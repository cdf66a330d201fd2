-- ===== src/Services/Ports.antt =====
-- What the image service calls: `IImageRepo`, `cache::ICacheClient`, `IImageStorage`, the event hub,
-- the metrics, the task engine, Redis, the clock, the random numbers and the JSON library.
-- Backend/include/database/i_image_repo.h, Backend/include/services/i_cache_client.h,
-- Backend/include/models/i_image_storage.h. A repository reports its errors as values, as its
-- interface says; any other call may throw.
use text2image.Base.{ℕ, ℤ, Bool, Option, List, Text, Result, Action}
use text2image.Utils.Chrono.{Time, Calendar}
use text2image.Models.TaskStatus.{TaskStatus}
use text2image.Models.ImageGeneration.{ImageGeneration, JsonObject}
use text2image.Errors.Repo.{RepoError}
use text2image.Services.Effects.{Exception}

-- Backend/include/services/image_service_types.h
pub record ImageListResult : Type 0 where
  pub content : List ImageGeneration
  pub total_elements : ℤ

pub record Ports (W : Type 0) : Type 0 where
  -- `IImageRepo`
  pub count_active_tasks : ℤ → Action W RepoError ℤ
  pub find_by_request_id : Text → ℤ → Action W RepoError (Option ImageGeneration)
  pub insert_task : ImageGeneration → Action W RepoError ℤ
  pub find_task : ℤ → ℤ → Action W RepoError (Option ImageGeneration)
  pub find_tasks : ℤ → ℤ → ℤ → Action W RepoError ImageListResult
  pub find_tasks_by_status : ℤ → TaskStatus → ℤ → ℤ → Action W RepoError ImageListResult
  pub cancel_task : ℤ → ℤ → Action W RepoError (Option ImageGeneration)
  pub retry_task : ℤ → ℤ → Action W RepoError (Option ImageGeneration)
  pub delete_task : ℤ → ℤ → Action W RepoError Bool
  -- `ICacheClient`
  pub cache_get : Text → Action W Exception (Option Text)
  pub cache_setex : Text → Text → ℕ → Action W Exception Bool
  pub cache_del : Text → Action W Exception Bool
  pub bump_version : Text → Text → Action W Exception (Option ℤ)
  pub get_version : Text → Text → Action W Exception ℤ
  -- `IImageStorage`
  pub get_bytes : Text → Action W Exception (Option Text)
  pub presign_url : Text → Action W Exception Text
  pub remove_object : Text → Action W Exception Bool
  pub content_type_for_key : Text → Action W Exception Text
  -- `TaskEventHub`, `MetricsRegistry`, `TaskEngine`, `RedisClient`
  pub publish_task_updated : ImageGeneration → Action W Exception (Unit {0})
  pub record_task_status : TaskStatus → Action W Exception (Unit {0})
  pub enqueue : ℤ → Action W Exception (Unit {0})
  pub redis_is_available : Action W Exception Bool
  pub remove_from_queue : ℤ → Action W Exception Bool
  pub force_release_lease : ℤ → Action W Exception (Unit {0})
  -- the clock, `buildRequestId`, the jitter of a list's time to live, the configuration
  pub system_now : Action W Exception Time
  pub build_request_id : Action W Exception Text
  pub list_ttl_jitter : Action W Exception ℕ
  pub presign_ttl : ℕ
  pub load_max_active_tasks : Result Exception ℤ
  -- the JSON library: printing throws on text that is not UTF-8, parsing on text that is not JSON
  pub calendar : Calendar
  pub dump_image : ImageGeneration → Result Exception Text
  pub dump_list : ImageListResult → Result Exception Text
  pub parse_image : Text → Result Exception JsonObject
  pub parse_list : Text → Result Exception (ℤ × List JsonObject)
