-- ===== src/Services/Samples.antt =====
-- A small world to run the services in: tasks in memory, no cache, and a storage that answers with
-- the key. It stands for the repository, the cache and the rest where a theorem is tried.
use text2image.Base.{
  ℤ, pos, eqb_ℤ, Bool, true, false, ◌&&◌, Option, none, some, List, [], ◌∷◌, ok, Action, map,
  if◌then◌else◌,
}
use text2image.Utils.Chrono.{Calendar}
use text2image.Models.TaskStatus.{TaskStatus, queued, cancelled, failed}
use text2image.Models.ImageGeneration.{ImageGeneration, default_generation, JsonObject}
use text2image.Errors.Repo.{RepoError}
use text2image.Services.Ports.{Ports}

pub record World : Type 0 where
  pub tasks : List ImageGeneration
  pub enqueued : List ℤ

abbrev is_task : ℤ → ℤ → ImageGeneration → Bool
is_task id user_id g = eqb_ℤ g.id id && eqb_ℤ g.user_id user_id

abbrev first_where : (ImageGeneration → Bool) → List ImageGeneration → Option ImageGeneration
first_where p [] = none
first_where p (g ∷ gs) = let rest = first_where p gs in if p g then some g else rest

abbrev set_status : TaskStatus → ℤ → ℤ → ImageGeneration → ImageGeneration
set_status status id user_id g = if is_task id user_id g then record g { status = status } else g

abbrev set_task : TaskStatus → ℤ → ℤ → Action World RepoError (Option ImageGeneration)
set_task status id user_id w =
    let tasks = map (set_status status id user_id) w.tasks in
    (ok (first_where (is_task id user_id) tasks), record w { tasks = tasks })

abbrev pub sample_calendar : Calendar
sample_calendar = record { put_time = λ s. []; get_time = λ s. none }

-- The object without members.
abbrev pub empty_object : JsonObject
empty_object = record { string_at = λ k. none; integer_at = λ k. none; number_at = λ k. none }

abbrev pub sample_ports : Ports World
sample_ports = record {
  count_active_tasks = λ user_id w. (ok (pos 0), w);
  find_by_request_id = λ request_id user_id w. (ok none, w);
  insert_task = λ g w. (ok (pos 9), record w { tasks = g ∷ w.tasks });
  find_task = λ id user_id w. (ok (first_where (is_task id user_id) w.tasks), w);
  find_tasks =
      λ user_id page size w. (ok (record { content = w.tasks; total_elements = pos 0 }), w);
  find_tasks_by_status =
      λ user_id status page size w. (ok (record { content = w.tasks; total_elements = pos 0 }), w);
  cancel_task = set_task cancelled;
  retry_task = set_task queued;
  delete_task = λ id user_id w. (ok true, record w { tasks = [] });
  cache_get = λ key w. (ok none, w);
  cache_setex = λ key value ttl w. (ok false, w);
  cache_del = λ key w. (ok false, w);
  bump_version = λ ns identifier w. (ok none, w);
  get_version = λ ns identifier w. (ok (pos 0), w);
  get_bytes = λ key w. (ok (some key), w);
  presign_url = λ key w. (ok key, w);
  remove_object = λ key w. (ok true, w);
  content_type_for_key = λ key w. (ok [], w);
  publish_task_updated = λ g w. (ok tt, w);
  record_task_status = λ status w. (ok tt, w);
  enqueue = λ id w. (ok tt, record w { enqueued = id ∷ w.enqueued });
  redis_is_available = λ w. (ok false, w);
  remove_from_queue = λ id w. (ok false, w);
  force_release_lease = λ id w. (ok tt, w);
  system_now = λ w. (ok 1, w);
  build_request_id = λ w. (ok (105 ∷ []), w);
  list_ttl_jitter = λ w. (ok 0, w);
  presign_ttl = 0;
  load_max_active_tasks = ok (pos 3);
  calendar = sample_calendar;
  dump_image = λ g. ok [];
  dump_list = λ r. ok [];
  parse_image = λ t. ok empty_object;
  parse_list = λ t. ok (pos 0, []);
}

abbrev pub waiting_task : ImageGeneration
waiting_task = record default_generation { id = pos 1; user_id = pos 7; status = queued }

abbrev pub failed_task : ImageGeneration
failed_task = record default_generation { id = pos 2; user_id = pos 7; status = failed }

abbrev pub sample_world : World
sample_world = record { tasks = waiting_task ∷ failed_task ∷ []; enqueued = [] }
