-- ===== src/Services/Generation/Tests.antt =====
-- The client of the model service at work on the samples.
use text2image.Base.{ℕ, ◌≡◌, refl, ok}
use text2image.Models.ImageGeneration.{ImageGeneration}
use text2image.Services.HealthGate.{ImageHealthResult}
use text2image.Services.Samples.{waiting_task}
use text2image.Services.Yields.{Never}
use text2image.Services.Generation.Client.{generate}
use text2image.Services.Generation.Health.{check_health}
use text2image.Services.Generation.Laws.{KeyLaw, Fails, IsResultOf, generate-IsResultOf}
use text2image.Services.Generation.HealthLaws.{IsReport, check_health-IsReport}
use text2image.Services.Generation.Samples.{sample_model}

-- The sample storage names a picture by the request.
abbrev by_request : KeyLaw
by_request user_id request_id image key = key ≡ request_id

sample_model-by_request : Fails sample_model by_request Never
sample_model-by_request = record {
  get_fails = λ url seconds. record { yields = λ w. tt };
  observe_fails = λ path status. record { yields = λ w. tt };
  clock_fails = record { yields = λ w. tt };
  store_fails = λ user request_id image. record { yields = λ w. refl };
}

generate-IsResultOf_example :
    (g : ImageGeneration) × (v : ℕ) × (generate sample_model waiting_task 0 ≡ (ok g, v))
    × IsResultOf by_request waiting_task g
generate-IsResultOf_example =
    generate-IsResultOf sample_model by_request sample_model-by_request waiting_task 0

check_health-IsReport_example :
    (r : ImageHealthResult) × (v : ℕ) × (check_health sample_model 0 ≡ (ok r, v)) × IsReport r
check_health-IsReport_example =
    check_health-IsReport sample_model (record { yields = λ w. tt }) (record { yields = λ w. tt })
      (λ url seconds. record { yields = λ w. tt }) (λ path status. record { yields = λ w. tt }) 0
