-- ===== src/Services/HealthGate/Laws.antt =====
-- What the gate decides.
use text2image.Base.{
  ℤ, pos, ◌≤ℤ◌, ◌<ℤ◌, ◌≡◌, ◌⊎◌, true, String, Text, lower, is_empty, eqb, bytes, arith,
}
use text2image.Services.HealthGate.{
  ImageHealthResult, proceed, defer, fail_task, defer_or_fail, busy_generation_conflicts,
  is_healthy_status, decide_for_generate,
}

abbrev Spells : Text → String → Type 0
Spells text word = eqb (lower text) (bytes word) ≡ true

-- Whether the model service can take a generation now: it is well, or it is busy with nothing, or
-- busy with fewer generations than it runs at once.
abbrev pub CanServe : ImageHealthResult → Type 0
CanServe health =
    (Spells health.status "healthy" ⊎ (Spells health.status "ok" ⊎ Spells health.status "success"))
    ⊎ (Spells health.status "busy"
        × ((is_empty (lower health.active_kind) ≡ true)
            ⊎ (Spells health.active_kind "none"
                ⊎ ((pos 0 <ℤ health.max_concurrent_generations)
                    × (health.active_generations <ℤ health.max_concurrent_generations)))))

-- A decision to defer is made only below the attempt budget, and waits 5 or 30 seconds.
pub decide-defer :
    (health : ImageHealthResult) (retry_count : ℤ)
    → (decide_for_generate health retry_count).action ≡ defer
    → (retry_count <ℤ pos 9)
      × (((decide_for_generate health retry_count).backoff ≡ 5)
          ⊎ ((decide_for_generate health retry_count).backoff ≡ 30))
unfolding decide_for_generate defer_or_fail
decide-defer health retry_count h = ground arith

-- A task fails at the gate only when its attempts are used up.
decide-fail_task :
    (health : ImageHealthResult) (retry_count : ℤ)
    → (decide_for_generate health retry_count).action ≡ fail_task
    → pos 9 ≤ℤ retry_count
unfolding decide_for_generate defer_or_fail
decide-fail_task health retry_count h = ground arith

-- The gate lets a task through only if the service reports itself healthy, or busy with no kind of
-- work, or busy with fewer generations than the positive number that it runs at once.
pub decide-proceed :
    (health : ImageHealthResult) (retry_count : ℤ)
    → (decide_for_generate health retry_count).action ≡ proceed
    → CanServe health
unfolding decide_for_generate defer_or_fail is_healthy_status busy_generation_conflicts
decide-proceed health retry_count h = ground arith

Aim of the exercise:
Give the tally of lines in the listing above that contain the string "seconds", with nothing besides it.

Task result:
3